Avenging Angel is a 2007 American TV Western film directed by David S. Cass Sr. and starring Kevin Sorbo. It originally aired on Hallmark Channel on July 7, 2007, as part of the network's "Western Month". It was filmed at Simi Valley, California, Sable Ranch in Santa Clarita, California as well as Vasquez Rocks Natural Area Park in Agua Dulce, California.

==Plot==
A preacher (Kevin Sorbo) witnesses his family and a group of refugees seeking shelter in his church murdered by a gang of ruthless outlaws led by Colonel Cusack (Wings Hauser). After his wife makes him promise to never seek revenge, he instead becomes a bounty hunter. When he steps in to defend a woman in a saloon, the bad guy and his two friends (who happen to be allied with The Colonel), give him a beating and toss him into the street.

A woman with a "past", named Maggie (Cynthia Watros), takes him in to care for him. He stays in her extra room, but she insists he give up his gun while at her home because she has a daughter.

The local sheriff, on Cusacks's payroll, is meanwhile trying to run off some squatters. The Sheriff's gang attempts to intimidate the squatters, but once The Preacher learns of the Sheriff's and The Colonel's dealings, he visits the squatters, who tell him they paid for the land but never got the deed. A few days later the Sheriff's posse burns down a few of the squatter's tents.

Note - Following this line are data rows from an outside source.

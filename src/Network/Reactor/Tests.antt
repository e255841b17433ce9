-- ===== src/Network/Reactor/Tests.antt =====
-- The loops of a `TcpServer` at concrete inputs.
use rproxy.Base.{◌≡◌, refl, List, [], ◌∷◌, true, arith, ok}
use rproxy.Base.Maps.{find, has_key}
use rproxy.Network.Demultiplex.{Demultiplex}
use rproxy.Network.Group.{Group}
use rproxy.Network.Server.{TcpServer}
use rproxy.Network.Server.Clients.{loop, peer, refuses}
use rproxy.Network.Reactor.{Reactor, Event, accepts, reports, run}
use rproxy.Network.Reactor.Heard.{watched_from, total}
use rproxy.Network.Server.Clients.{client, two_clients}
use rproxy.Network.Reactor.Race.{EndsNext, close_connection-EndsNext}
use rproxy.Network.Reactor.Watch.{IsConsistent, run-IsConsistent}

abbrev first_loop : Demultiplex
first_loop = record { id = 1; dmpfd = 3; notify = true }

abbrev second_loop : Demultiplex
second_loop = record { id = 2; dmpfd = 4; notify = true }

abbrev both_loops : Group
both_loops = record { dmpes = first_loop ∷ second_loop ∷ []; iter = first_loop ∷ second_loop ∷ [] }

abbrev no_clients : TcpServer
no_clients = record {
  id = 9;
  conn_map = [];
  total_conn = 0;
  center = record { publishers = []; subscribers = []; traffic = [] };
  effects = [];
}

abbrev fresh : Reactor
fresh = record { group = both_loops; owner = loop; server = no_clients }

fresh-IsConsistent : IsConsistent fresh
unfolding watched_from total find has_key
fresh-IsConsistent = record {
  ready = record {
    all_notify = (refl, (refl, tt));
    rest_notify = (refl, (refl, tt));
    some_dmp = omega arith;
    some_next = omega arith;
  };
  tracked = record {
    steady = λ fd c e. ground (arith, e);
    heard = λ fd. record { watched = λ dmpfd. refl; closed = omega arith };
  };
}

-- A client comes, and hangs up.
abbrev comes_and_goes : List Event
comes_and_goes = accepts 7 ∷ reports first_loop (record { fd = 7; events = 0x2011 } ∷ []) ∷ []

run-IsConsistent_example :
    (r : Reactor) × (run peer refuses comes_and_goes fresh ≡ ok r) × IsConsistent r
unfolding has_key find
run-IsConsistent_example =
    run-IsConsistent peer refuses comes_and_goes fresh (refl, (λ r e. (tt, (λ q f. tt))))
      fresh-IsConsistent

close_connection-EndsNext_example : EndsNext loop peer refuses 7 (client 7) two_clients
unfolding find
close_connection-EndsNext_example =
    close_connection-EndsNext loop peer refuses (client 7) two_clients refl refl refl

The Preacher attempts to negotiate peacefully with the Sheriff, and so visits Cusack. Cusack tries to persuade The Preacher to join his mob, which he refuses. The Sheriff then sends a message to The Preacher by having some of his men rough up Maggie. Unarmed still because of his agreement with Maggie, The Preacher catches the gang in the act and overcomes one of the men's guns, scaring the men off.

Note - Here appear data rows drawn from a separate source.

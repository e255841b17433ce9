-- ===== src/Network/Server/Stall.antt =====
-- What becomes of bytes that `TcpConnection::send` of src/network/tcp_connection.cc could not send at
-- once, as src/network/tcp_server.cc handles the notification.
use rproxy.Base.{
  ℕ, true, ◌+◌, ◌≤◌, ◌<◌, ◌≡◌, refl, Option, some, List, [], ◌∷◌, length, take, arith, Result, ok,
}
use rproxy.Base.Eq.{nat_eq}
use rproxy.Base.Maps.{find, has_key, assign, find-assign}
use rproxy.Network.Addr.{InetAddr}
use rproxy.Network.Buffer.{Buffer, max_size}
use rproxy.Network.Buffer.Invariant.{IsValid, contents}
use rproxy.Network.Demultiplex.{epoll_mod, Demultiplex, Effect, tell, writable, default_events}
use rproxy.Network.Channel.{watches}
use rproxy.Network.Connection.{TcpConnection, took, send, send_in_loop}
use rproxy.Network.Connection.Send.{IsOpen, send_partial}
use rproxy.Network.Connection.Drain.{send_in_loop_unread}
use rproxy.Pubsub.Event.{register_ctx}
use rproxy.Network.Server.{TcpServer, add_effects, set_events, update_for_modify, dispatch}

-- The connection `fd` keeps its bytes, and no later call of `sendInLoop` sends any, whatever the
-- kernel would take.
abbrev pub Stalls : ℕ → Buffer → (ℕ → Demultiplex) → Result TcpServer → Type 0
Stalls fd b dmp r =
    (sv' : TcpServer) × (c : TcpConnection) × (r ≡ ok sv')
    × (find fd sv'.conn_map ≡ some c)
    × (c.send_buffer ≡ b)
    × ((answer : List ℕ → Option ℕ) → send_in_loop answer (dmp fd) c ≡ ok (c, [], []))

module _ (dmp : ℕ → Demultiplex) (peer : ℕ → InetAddr) (write : ℕ → List ℕ → Option ℕ) where
  -- Told that the connection is watched for writing alone, the server writes that into its context.
  watched-Stalls :
      (fd : ℕ) (sv : TcpServer) (c : TcpConnection) (old : ℕ) (own : Option ℕ)
      → IsValid c.send_buffer
      → (dmp fd).notify ≡ true
      → c.context.body ≡ register_ctx fd old own
      → find fd sv.conn_map ≡ some c
      → Stalls fd c.send_buffer dmp (dispatch dmp peer write (watches (dmp fd) fd writable) sv)
  unfolding dispatch update_for_modify set_events tell has_key
  watched-Stalls fd sv c old own v told body known = (
    add_effects (epoll_mod (dmp fd).dmpfd fd writable ∷ [])
        (record sv { conn_map = assign fd c' sv.conn_map }),
    c',
    ground (arith, told, body, known, nat_eq.beq_iff fd fd),
    ground (arith, nat_eq.beq_iff fd fd, find-assign fd fd c' sv.conn_map, known),
    refl,
    λ answer. send_in_loop_unread answer (dmp fd) c' writable fd own refl refl v,
  )
    where
      c' : TcpConnection
      c' = record c { context = record c.context { body = register_ctx fd writable own } }

  -- `send` on a connection of the server that is watched as new ones are, where the kernel does not
  -- take all the bytes: some bytes wait in the send buffer, and the server, told of the change, leaves
  -- the connection so that no call of `sendInLoop` sends any of them, whatever the kernel would take
  -- then.
  pub send-Stalls :
      (answer : List ℕ → Option ℕ) (src : List ℕ) (len : ℕ) (sv : TcpServer) (c : TcpConnection)
      (own : Option ℕ)
      → find c.channel.socket sv.conn_map ≡ some c
      → (dmp c.channel.socket).notify ≡ true
      → c.connected ≡ true
      → IsValid c.send_buffer
      → c.context.body ≡ register_ctx c.channel.socket default_events own
      → len ≤ length src
      → c.send_buffer.writer + len ≤ max_size
      → took (answer (take len src)) < len
      → let fd = c.channel.socket in
        (b : Buffer) × (sent : List ℕ) × (effects : List Effect) × (send answer src len (dmp fd) c
          ≡ ok (record c { send_buffer = b }, sent, effects))
        × (0 < length (contents b))
        × Stalls fd b dmp (
            dispatch dmp peer write effects
              (record sv { conn_map = assign fd (record c { send_buffer = b }) sv.conn_map }))
  unfolding has_key
  send-Stalls answer src len sv c own known told on v body h fits part =
      let fd = c.channel.socket in
      let o : IsOpen c default_events = record {
        open_state = on;
        buffer = v;
        watched = (fd, own, body);
      } in
      let (b, sent, run, valid, waits) = send_partial answer src len (dmp fd) c o h fits part in
      let c' : TcpConnection = record c { send_buffer = b } in
      (
        b,
        sent,
        watches (dmp fd) fd writable,
        run,
        waits,
        watched-Stalls fd (record sv { conn_map = assign fd c' sv.conn_map }) c' default_events own
            valid told body
            (ground (arith, nat_eq.beq_iff fd fd, find-assign fd fd c' sv.conn_map, known)),
      )
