-- ===== src/Network/Server/Tests.antt =====
-- `TcpServer` of src/network/tcp_server.cc at concrete inputs.
use rproxy.Base.{
  ℕ, length, min, some, ◌<◌, ◌≡◌, refl, List, [], ◌∷◌, Option, none, if◌then◌else◌, arith, ok,
}
use rproxy.Base.Eq.{nat_eq}
use rproxy.Base.Maps.{find, has_key, assign}
use rproxy.Network.Buffer.{Buffer}
use rproxy.Network.Buffer.Invariant.{contents}
use rproxy.Network.Demultiplex.{Effect, default_events}
use rproxy.Network.Connection.{send}
use rproxy.Pubsub.Event.{Context, dmp_register, register_ctx}
use rproxy.Network.Server.{TcpServer, wait_all, dispatch, update}
use rproxy.Network.Server.Stall.{Stalls, send-Stalls}
use rproxy.Network.Server.Wait.{handed_on, ended_by, wait_all-Hands}
use rproxy.Network.Server.Steady.{Stays, registers, update-Stays}
use rproxy.Network.Server.Clients.{
  loop, peer, refuses, client, two_clients, two_clients-IsSettled, two_clients-AllSteady, resps,
  resps-AreDistinct,
}

wait_all-Hands_example :
    (sv' : TcpServer) × (wait_all loop peer refuses resps two_clients
      ≡ ok (sv', handed_on two_clients.conn_map resps))
    × ((j : ℕ)
        → find j sv'.conn_map ≡ (if ended_by resps j then none else find j two_clients.conn_map))
    × (sv'.id ≡ two_clients.id)
wait_all-Hands_example =
    wait_all-Hands loop peer refuses resps two_clients two_clients-IsSettled resps-AreDistinct

-- A kernel that takes two bytes at most.
abbrev takes_two : List ℕ → Option ℕ
takes_two bytes = some (min 2 (length bytes))

send-Stalls_example :
    (b : Buffer) × (sent : List ℕ) × (effects : List Effect) × (send takes_two
        (1 ∷ 2 ∷ 3 ∷ [])
        3
        (loop 7)
        (client 7)
      ≡ ok (record (client 7) { send_buffer = b }, sent, effects))
    × (0 < length (contents b))
    × Stalls 7 b loop (
        dispatch loop peer refuses effects (record two_clients {
          conn_map = assign 7 (record (client 7) { send_buffer = b }) two_clients.conn_map;
        }))
unfolding find
send-Stalls_example =
    send-Stalls loop peer refuses takes_two (1 ∷ 2 ∷ 3 ∷ []) 3 two_clients (client 7) none refl refl
      refl (omega arith) refl (omega arith) (omega arith) (omega arith)

-- A third client
abbrev third : Context
third = record { event_type = dmp_register; body = register_ctx 9 default_events none }

update-Stays_example : Stays (update loop peer refuses third two_clients)
unfolding has_key find
update-Stays_example =
    update-Stays loop peer refuses third two_clients (registers 9 default_events none refl)
      two_clients-AllSteady
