-- ===== src/Network/Socket/Port.antt =====
-- The port of an address in src/network/stream_socket.cc, through its text and the order of its bytes.
use rproxy.Base.{
  ℕ, zero, suc, ◌+◌, ◌-◌, ◌*◌, ◌/◌, ◌%◌, ◌^◌, ◌<◌, true, ◌≡◌, refl, ap, ◌∙◌, List, [], ◌∷◌, ◌++◌,
  arith, ltb, ltb→lt, Bool-cases, inl, inr,
}
use native.Mathlib.Nat.{pow-suc}
use rproxy.Network.Addr.{InetAddr, c_str, digits, port_text}
use rproxy.Network.Addr.Injective.{c_str_lem, digits-Lacks}
use rproxy.Network.Socket.{is_digit, dec_from, atoi, htons, ntohs}

abbrev AllDigits : List ℕ → Type 0
AllDigits [] = Unit {0}
AllDigits (c ∷ cs) = (is_digit c ≡ true) × AllDigits cs

dec_from-append :
    (acc : ℕ) (xs ys : List ℕ)
    → AllDigits xs
    → dec_from acc (xs ++ ys) ≡ dec_from (dec_from acc xs) ys
unfolding dec_from
dec_from-append acc [] ys h = refl
dec_from-append acc (x ∷ xs) ys h = rw h.0 (dec_from-append (acc * 10 + (x - b'0')) xs ys h.1)

AllDigits-append : (xs ys : List ℕ) → AllDigits xs → AllDigits ys → AllDigits (xs ++ ys)
AllDigits-append [] ys p q = q
AllDigits-append (x ∷ xs) ys p q = (p.0, AllDigits-append xs ys p.1 q)

last_digit : (n : ℕ) → n < 10 → is_digit (48 + n) ≡ true
last_digit n h = ground arith

digits-AllDigits : (f n : ℕ) → AllDigits (digits f n)
unfolding digits
digits-AllDigits zero n = tt
digits-AllDigits (suc f) n = elim (Bool-cases (ltb n 10)) [
  | inl one ↦ rw one (last_digit n (ltb→lt _ _ one), tt)
  | inr more ↦ rw more (
      AllDigits-append (digits f (n / 10)) _ (digits-AllDigits f (n / 10))
        (last_digit (n % 10) (omega arith), tt))
]

dec_from_last : (acc n : ℕ) → n < 10 → dec_from acc ((48 + n) ∷ []) ≡ acc * 10 + n
unfolding dec_from
dec_from_last acc n h = rw (last_digit n h) (omega arith)

-- The text of a number is read back.
pub dec_from-digits : (f n : ℕ) → n < 10 ^ f → dec_from 0 (digits f n) ≡ n
unfolding digits dec_from
dec_from-digits zero n h = omega arith
dec_from-digits (suc f) n h = elim (Bool-cases (ltb n 10)) [
  | inl one ↦ rw one (dec_from_last 0 n (ltb→lt _ _ one) ∙ omega arith)
  | inr more ↦ rw more (
      dec_from-append 0 (digits f (n / 10)) ((48 + n % 10) ∷ []) (digits-AllDigits f (n / 10))
      ∙ ap (λ acc. dec_from acc ((48 + n % 10) ∷ []))
          (dec_from-digits f (n / 10) (omega (arith, pow-suc 10 f)))
      ∙ dec_from_last (n / 10) (n % 10) (omega arith)
      ∙ omega arith)
]

-- `ntohs(htons(atoi(port().c_str())))` gives the port.
pub ntohs-htons-atoi :
    (a : InetAddr) → a.port < 2 ^ 16 → ntohs (htons (atoi (c_str (port_text a)))) ≡ a.port
unfolding atoi port_text
ntohs-htons-atoi a h =
    rw
      (
        c_str_lem (digits 5 a.port) (digits-Lacks 0 5 a.port (inl (omega arith))),
        dec_from-digits 5 a.port (omega arith),
      )
      (omega arith)
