-- ===== src/PsmLog/Returns.antt =====
-- When `psm_reserve` returns, and the requests that it does not serve as asked.
use persimmon.Base.{ℕ, ◌+◌, ◌-◌, ◌≤◌, ◌<◌, ◌≡◌, ◌^◌, refl, arith, List, [], ◌∷◌, All, dec_lt}
use persimmon.PsmLog.{
  log_size, free_space, align_to_cache_line_size, Psm, done, spinning, spin_for_space, needed,
  place, reserve,
}
use persimmon.PsmLog.Live.{distance, IsOffset, IsValid, free_space_lem, align_up}
use persimmon.PsmLog.Reserve.{reserve_aligned-some, reserve_aligned-spinning}

spin_for_space-done :
    (n h t : ℕ) (loads : List ℕ) → n ≤ free_space h t → spin_for_space n h t loads ≡ done t
unfolding spin_for_space
spin_for_space-done n h t [] f = ground arith
spin_for_space-done n h t (u ∷ loads) f = ground arith

spin_for_space-returns :
    (n h lt t : ℕ) (loads : List ℕ)
    → n ≤ free_space h t
    → (r : ℕ) × (spin_for_space n h lt (t ∷ loads) ≡ done r)
unfolding spin_for_space
spin_for_space-returns n h lt t loads f = elim (dec_lt (free_space h lt) n) [
  | yes few ↦ (t, ground (arith, spin_for_space-done n h t loads f))
  | no enough ↦ (lt, ground arith)
]

-- `psm_reserve` returns at once where the bytes needed, padding included, are free by the tail that
-- the first load returns.
pub reserve-returns :
    (p : Psm) (len t : ℕ) (loads : List ℕ)
    → IsValid p
    → IsOffset t
    → 0 < len
    → len < log_size
    → needed p (align_to_cache_line_size len) + distance t p.local_head < log_size
    → (r : ℕ × Psm) × (reserve p len (t ∷ loads) ≡ done r)
unfolding reserve
reserve-returns p len t loads v o pos small h =
    let n = align_to_cache_line_size len in
    let (up, over, line) = align_up len (omega arith) in
    let (r, e) =
      spin_for_space-returns (needed p n) p.local_head p.local_tail t loads
        (omega (arith, free_space_lem p.local_head t v.local_head_offset.0 o.0)) in
    let small' : n < log_size = ground arith in
    (place p n r, ground (arith, reserve_aligned-some p n (t ∷ loads) r v e))

spin_for_space-stuck :
    (n h t : ℕ) (loads : List ℕ)
    → h < log_size
    → log_size ≤ n
    → t < log_size
    → All (λ t. t < log_size) loads
    → spin_for_space n h t loads ≡ spinning
unfolding spin_for_space
spin_for_space-stuck n h t [] b k l a = ground (arith, free_space_lem h t b l)
spin_for_space-stuck n h t (u ∷ loads) b k l a =
    ground (arith, free_space_lem h t b l, spin_for_space-stuck n h u loads b k a.0 a.1)

-- A request that does not fit below the end of the buffer, and that with the discarded space needs
-- the whole buffer or more, spins for ever, whatever the consumer does, though the assertions admit
-- it and the log may be empty.
pub reserve-stuck :
    (p : Psm) (len : ℕ) (loads : List ℕ)
    → IsValid p
    → 0 < len
    → len ≤ log_size - 64
    → log_size < p.local_head + len
    → p.local_head ≤ len
    → All (λ t. t < log_size) loads
    → reserve p len loads ≡ spinning
unfolding reserve align_to_cache_line_size
reserve-stuck p len loads v pos small over h a =
    let n = align_to_cache_line_size len in
    let stuck = reserve_aligned-spinning p n loads (
      spin_for_space-stuck (needed p n) p.local_head p.local_tail loads v.local_head_offset.0
        (ground arith) v.local_tail_offset.0 a) in
    ground arith

-- A request of 2^32 bytes more is served as if it were for the few: it passes the assertions, and
-- the caller is given too little.
pub reserve-short :
    (p : Psm) (len : ℕ) (loads : List ℕ)
    → len < 2 ^ 31
    → reserve p (2 ^ 32 + len) loads ≡ reserve p len loads
unfolding reserve align_to_cache_line_size
reserve-short p len loads h =
    let same : align_to_cache_line_size (2 ^ 32 + len) ≡ align_to_cache_line_size len =
      omega arith in
    rw (same, reserve) refl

The Preacher gets his gun back from Maggie and sets out to visit the Squatters again, and is met by the Sheriff and some of his gang. The Preacher, now armed, tells the Sheriff that the squatters have a right to stay. Gunfire ensues, and The Preacher shoots the sheriff. The rest of the bad guys run off.

The Preacher then pays a visit to Cusack for a final showdown, and obtains the deed for the squatters. As he turns to leave, having satisfied his purpose for the visit, the Colonel tries to shoot him, but The Preacher is faster and kills Cusack. The Preacher returns to Maggie and her daughter.

==Cast==
- Kevin Sorbo as The Preacher
- Nick Chinlund as Quinn
- Cynthia Watros as Maggie
- Richard Lee Jackson as Billy
- Wings Hauser as Colonel Cusack
- Joey King as Amelia
- Brad Carter as Gunman #2
- Jim Haynie as Elijah

The production designer was Scott H. Campbell, while casting was handled by Penny Perry and Amy Reese.

==Reception==
Avenging Angel did moderately well for Hallmark Channel when it premiered. The film scored a 2.6 household rating, making it the highest-rated ad supported cable movie for the day. A reviewer at Chud.com called it:
A standard yarn about revenge by a man wearing the cloth in Jesus' name. A shame this sort of story has been told many times before and done better...The one thing this movie has going for it is Sorbo does turn in a decent performance and he is the only reason Avenging Angel is worth watching, although I might be pushing the envelope with that endorsement.
However, TrailerFan.com wrote that "Avenging Angel delivers the goods at point-blank range." The Variety review found it to be unoriginal stating "'Avenging Angel' feels less written than simply stitched together from pieces of classic oaters, without stretching much meat over those old bones."